Rusya'nın önündeki jeopolitik zorluklar

Sovyetler Birliği'nin dağılmasından bu yana Rusya ve Batı, NATO'nun Doğu'ya doğru genişleme planları konusunda anlaşmazlığa düştüler.

Rusya, NATO'nun genişlemesini ulusal güvenliğine yönelik tehditlerden biri ve bölgesel etkisinin ihlali olarak görüyor. Bu algı, Rusya'da gerilimlerin artmasına ve askeri hazırlığa daha fazla yatırım yapılmasına yol açtı. Hatta bu yatırımlar, tartışmalı bölgelerdeki varlığını artırmayı, nükleer cephaneliğini modernize etmeyi ve askeri yeteneklerini genişletmeyi içeriyor.

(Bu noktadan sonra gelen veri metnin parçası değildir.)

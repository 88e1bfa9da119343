-- ===== src/Chan/Now.antt =====
-- What a send and a receive do at once, and the stable states of the channels.
use mathlib.Core.Path.{subst}
use native.Mathlib.Decide.{ℕ_discrete}
use microthread.Base.{
  ℕ, ◌+◌, ◌≤◌, ◌<◌, ◌≡◌, ◌≢◌, refl, ◌⊎◌, inl, inr, true, false, none, some, ◌&&◌, arith, length,
  ltb, leb, ◌==◌, if◌then◌else◌, eq→==, ne→==, Option-cases, Bool-cases, if_both,
}
use microthread.State.{Elem, Code, Chan, Runtime}
use microthread.Transitions.{set_chan}
use microthread.Queue.Fifo
use microthread.Chan.{
  buffer_push, buffer_pop, load, store, pop_send, pop_recv, pop_select_send, pop_select_recv,
  push_at, fill_slot, fill_buffer_from_waiting_sender, send_now, recv_buffered, recv_waiting,
  recv_now,
}
use microthread.Chan.Stable.{
  Stable, AllStable, set_chan-Stable, complete_channel_wait-Stable, complete_waiter-Stable,
  store-Stable, length-rest, length_of_none, length_of_some, pop_send-Stable, pop_recv-Stable,
  pop_select_send-Stable, pop_select_recv-Stable, WhenDone,
}

-- an element is buffered while nobody waits to receive
push_at-Stable :
    (rt : Runtime) (c : ℕ) (v : Elem)
    → AllStable rt
    → (rt.chan c).len < (rt.chan c).capacity
    → length (rt.chan c).recv ≡ 0
    → length (rt.chan c).select_recv ≡ 0
    → AllStable (push_at rt c v)
unfolding buffer_push
push_at-Stable rt c v s room r sr = set_chan-Stable rt c _ (ground (arith, s c)) s

-- What a send does at once leaves every channel stable.
pub send_now-Stable : (rt : Runtime) (c p : ℕ) → AllStable rt → WhenDone AllStable (send_now rt c p)
unfolding send_now
send_now-Stable rt c p s = elim (Option-cases (Fifo.first (rt.chan c).recv)) [
  | inr (t, e) ↦
      rw (e, send_now)
        (complete_channel_wait-Stable _ t Code.ok
          (store-Stable (pop_recv rt c) (rt.task t).chan_value (rt.mem p) (pop_recv-Stable rt c s)))
  | inl e ↦
      rw (e, send_now)
        (elim (Option-cases (Fifo.first (rt.chan c).select_recv)) [
          | inr (w, k) ↦
              rw (k, send_now)
                (complete_waiter-Stable _ w Code.ok (
                  store-Stable (pop_select_recv rt c w) (rt.waiter w).value (rt.mem p)
                    (pop_select_recv-Stable rt c w s)))
          | inl k ↦ rw (k, send_now) (buffered (length_of_none _ e) (length_of_none _ k))
        ])
]
  where
    buffered :
        length (rt.chan c).recv ≡ 0
        → length (rt.chan c).select_recv ≡ 0
        → WhenDone AllStable (
            if ltb 0 (rt.chan c).capacity && ltb (rt.chan c).len (rt.chan c).capacity
            then some (push_at rt c (rt.mem p))
            else none)
    buffered r sr = elim (Bool-cases (ltb (rt.chan c).len (rt.chan c).capacity)) [
      | inl room ↦
          let pos : ltb 0 (rt.chan c).capacity ≡ true = ground arith in
          rw (pos, room) (push_at-Stable rt c (rt.mem p) s (ground arith) r sr)
      | inr full ↦ elim (Bool-cases (ltb 0 (rt.chan c).capacity)) [
        | inl pos ↦ rw (pos, full) tt
        | inr zero_cap ↦ rw zero_cap tt
      ]
    ]

-- every channel but `c` is stable
abbrev Others : ℕ → Runtime → Type 0
Others c rt = (d : ℕ) → c ≢ d → Stable (rt.chan d)

-- a slot has come free, and nobody waits to receive
record Slack (ch : Chan) : Type 0 where
  free : ch.len + 1 ≤ ch.capacity
  receivers : length ch.recv ≡ 0
  select_receivers : length ch.select_recv ≡ 0
  senders : (length ch.send ≡ 0) ⊎ (ch.len + 1 ≡ ch.capacity)
  select_senders : (length ch.select_send ≡ 0) ⊎ (ch.len + 1 ≡ ch.capacity)
  shut : (ch.closed ≡ false) ⊎ (length ch.send ≡ 0) × (length ch.select_send ≡ 0)

AllStable-of : (rt : Runtime) (c : ℕ) → Others c rt → Stable (rt.chan c) → AllStable rt
AllStable-of rt c o s d = elim (ℕ_discrete c d) [
  | yes e ↦ subst (λ k. Stable (rt.chan k)) e s
  | no ne ↦ o d ne
]

set_chan-Others :
    (rt : Runtime) (c : ℕ) (x : Chan) → Others c rt → Stable x → AllStable (set_chan rt c x)
set_chan-Others rt c x o s d = elim (ℕ_discrete c d) [
  | yes e ↦ rw (eq→== c d e) s
  | no ne ↦ rw (ne→== c d ne) (o d ne)
]

Others-set_chan : (rt : Runtime) (c : ℕ) (x : Chan) → Others c rt → Others c (set_chan rt c x)
Others-set_chan rt c x o d ne = rw (ne→== c d ne) (o d ne)

-- one of the senders that waited for the slot takes it
pushed-Stable :
    (ch x : Chan) (v : Elem)
    → Slack ch
    → ch.len + 1 ≡ ch.capacity
    → (ch.closed ≡ false)
    → x ≡ record ch { send = Fifo.rest ch.send }
      ⊎ x ≡ record ch { select_send = Fifo.rest ch.select_send }
    → Stable (buffer_push x v)
unfolding buffer_push
pushed-Stable ch x v s full open_ (inl e) = rw e (ground (arith, length-rest ch.send))
pushed-Stable ch x v s full open_ (inr e) = rw e (ground (arith, length-rest ch.select_send))

module _ (rt : Runtime) (c : ℕ) (o : Others c rt) (s : Slack (rt.chan c))
    (open_ : (rt.chan c).closed ≡ false) where
  filled-Stable :
      (x : Chan) (v : Elem)
      → (x ≡ record (rt.chan c) { send = Fifo.rest (rt.chan c).send })
        ⊎ (x ≡ record (rt.chan c) { select_send = Fifo.rest (rt.chan c).select_send })
      → (rt.chan c).len + 1 ≡ (rt.chan c).capacity
      → AllStable (push_at (set_chan rt c x) c v)
  filled-Stable x v e full =
      set_chan-Others (set_chan rt c x) c (buffer_push ((set_chan rt c x).chan c) v)
        (Others-set_chan rt c x o)
        (rw (eq→== c c refl) (pushed-Stable (rt.chan c) x v s full open_ e))

  fill_slot-Stable : AllStable (fill_slot rt c)
  unfolding fill_slot
  fill_slot-Stable = elim (Option-cases (Fifo.first (rt.chan c).send)) [
    | inr (t, e) ↦
        rw (e, fill_slot)
          (complete_channel_wait-Stable _ t Code.ok
            (filled-Stable _ _ (inl refl) (ground (arith, s, length_of_some _ t e))))
    | inl e ↦
        rw (e, fill_slot)
          (elim (Option-cases (Fifo.first (rt.chan c).select_send)) [
            | inr (w, k) ↦
                rw (k, fill_slot)
                  (complete_waiter-Stable _ w Code.ok
                    (filled-Stable _ _ (inr refl) (ground (arith, s, length_of_some _ w k))))
            | inl k ↦
                rw (k, fill_slot)
                  (AllStable-of rt c o (ground (arith, length_of_none _ e, length_of_none _ k)))
          ])
  ]

fill-Stable :
    (rt : Runtime) (c : ℕ)
    → Others c rt
    → Slack (rt.chan c)
    → AllStable (fill_buffer_from_waiting_sender rt c)
unfolding fill_buffer_from_waiting_sender
fill-Stable rt c o s = elim (Bool-cases (rt.chan c).closed) [
  | inl shut ↦ rw (shut, fill_buffer_from_waiting_sender) (AllStable-of rt c o (ground arith))
  | inr open_ ↦
      let pos : ((rt.chan c).capacity == 0) ≡ false = ground (arith, s) in
      let room : leb (rt.chan c).capacity (rt.chan c).len ≡ false = ground (arith, s) in
      rw (open_, pos, room) (fill_slot-Stable rt c o s open_)
]

-- A receive from the buffer leaves every channel stable.
recv_buffered-Stable :
    (rt : Runtime) (c out : ℕ)
    → AllStable rt
    → 0 < (rt.chan c).len
    → AllStable (recv_buffered rt c out)
unfolding recv_buffered buffer_pop store
recv_buffered-Stable rt c out s more =
    let after =
      store (set_chan rt c (buffer_pop (rt.chan c)).1) (some out) (buffer_pop (rt.chan c)).0 in
    fill-Stable after c (λ d ne. rw (ne→== c d ne) (s d))
      (rw (eq→== c c refl) (ground (arith, s c)))

recv_waiting-Stable :
    (rt : Runtime) (c out : ℕ)
    → AllStable rt
    → WhenDone (λ r. AllStable r.1) (recv_waiting rt c out)
unfolding recv_waiting
recv_waiting-Stable rt c out s = elim (Option-cases (Fifo.first (rt.chan c).send)) [
  | inr (t, e) ↦
      rw (e, recv_waiting)
        (if_both (λ (r : Code × Runtime). AllStable r.1) (rt.chan c).closed
          (complete_channel_wait-Stable _ t Code.err_closed (pop_send-Stable rt c s))
          (complete_channel_wait-Stable _ t Code.ok (
            store-Stable (pop_send rt c) (some out) (load rt (rt.task t).chan_value)
              (pop_send-Stable rt c s))))
  | inl e ↦
      rw (e, recv_waiting)
        (elim (Option-cases (Fifo.first (rt.chan c).select_send)) [
          | inr (w, k) ↦
              rw (k, recv_waiting)
                (if_both (λ (r : Code × Runtime). AllStable r.1) (rt.chan c).closed
                  (complete_waiter-Stable _ w Code.err_closed (pop_select_send-Stable rt c w s))
                  (complete_waiter-Stable _ w Code.ok (
                    store-Stable (pop_select_send rt c w) (some out) (load rt (rt.waiter w).value)
                      (pop_select_send-Stable rt c w s))))
          | inl k ↦ rw (k, recv_waiting) tt
        ])
]

-- What a receive does at once leaves every channel stable.
pub recv_now-Stable :
    (rt : Runtime) (c out : ℕ) → AllStable rt → WhenDone (λ r. AllStable r.1) (recv_now rt c out)
unfolding recv_now
recv_now-Stable rt c out s = elim (Bool-cases (ltb 0 (rt.chan c).len)) [
  | inl more ↦ rw (more, recv_now) (recv_buffered-Stable rt c out s (ground arith))
  | inr none_left ↦ rw (none_left, recv_now) (recv_waiting-Stable rt c out s)
]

Rusya için bir başka güvenlik tehdidi, NATO'nun jeopolitik varlığının ve genişlemesinin Rusya'nın komşu ülkelerle olan ilişkilerini ciddi şekilde etkilemesi ve değiştirmesidir.

Ukrayna ve Gürcistan gibi ülkeler Batı ile yakınlaşmaya çalıştılar. Bu durum, bu ülkeleri kendi etki alanı içinde gören ve Batı tarafından askeri operasyonlarda üs olarak kullanılacağından korkan Rusya ile de sorun yarattı.

NATO'nun genişlemesi Rusya ekonomisini de olumsuz etkiledi. Özellikle enerji sektörü, Rusya'nın Ukrayna'daki eylemlerine yanıt olarak uygulanan Batı yaptırımlarının etkilerini hissetti.

Son olarak, NATO ile Rusya arasında süregelen gerilimlerin küresel güvenlik ve istikrarı etkilediği gerçeğini de belirtmek gerekiyor.

Bu iki süper güç arasındaki bir askeri olayın, hem bölge hem de dünyanın geri kalanı üzerinde yıkıcı etkileri olacaktır. Bu nedenle, tırmanmayı önlemek ve işbirliği fırsatlarını artırmak için her iki tarafın da çok taraflı seviyelerde açık diyaloglar başlatması ve anlaşma alanları araması şarttır.

Her iki tarafın endişelerini ve çıkarlarını anlamak, NATO'nun genişlemesinin ortaya çıkardığı jeostratejik zorlukları ele almak ve Rusya'nın saldırgan tavrını yumuşatması için politikalar üretmek, her zamankinden daha önemli hale gelmiştir."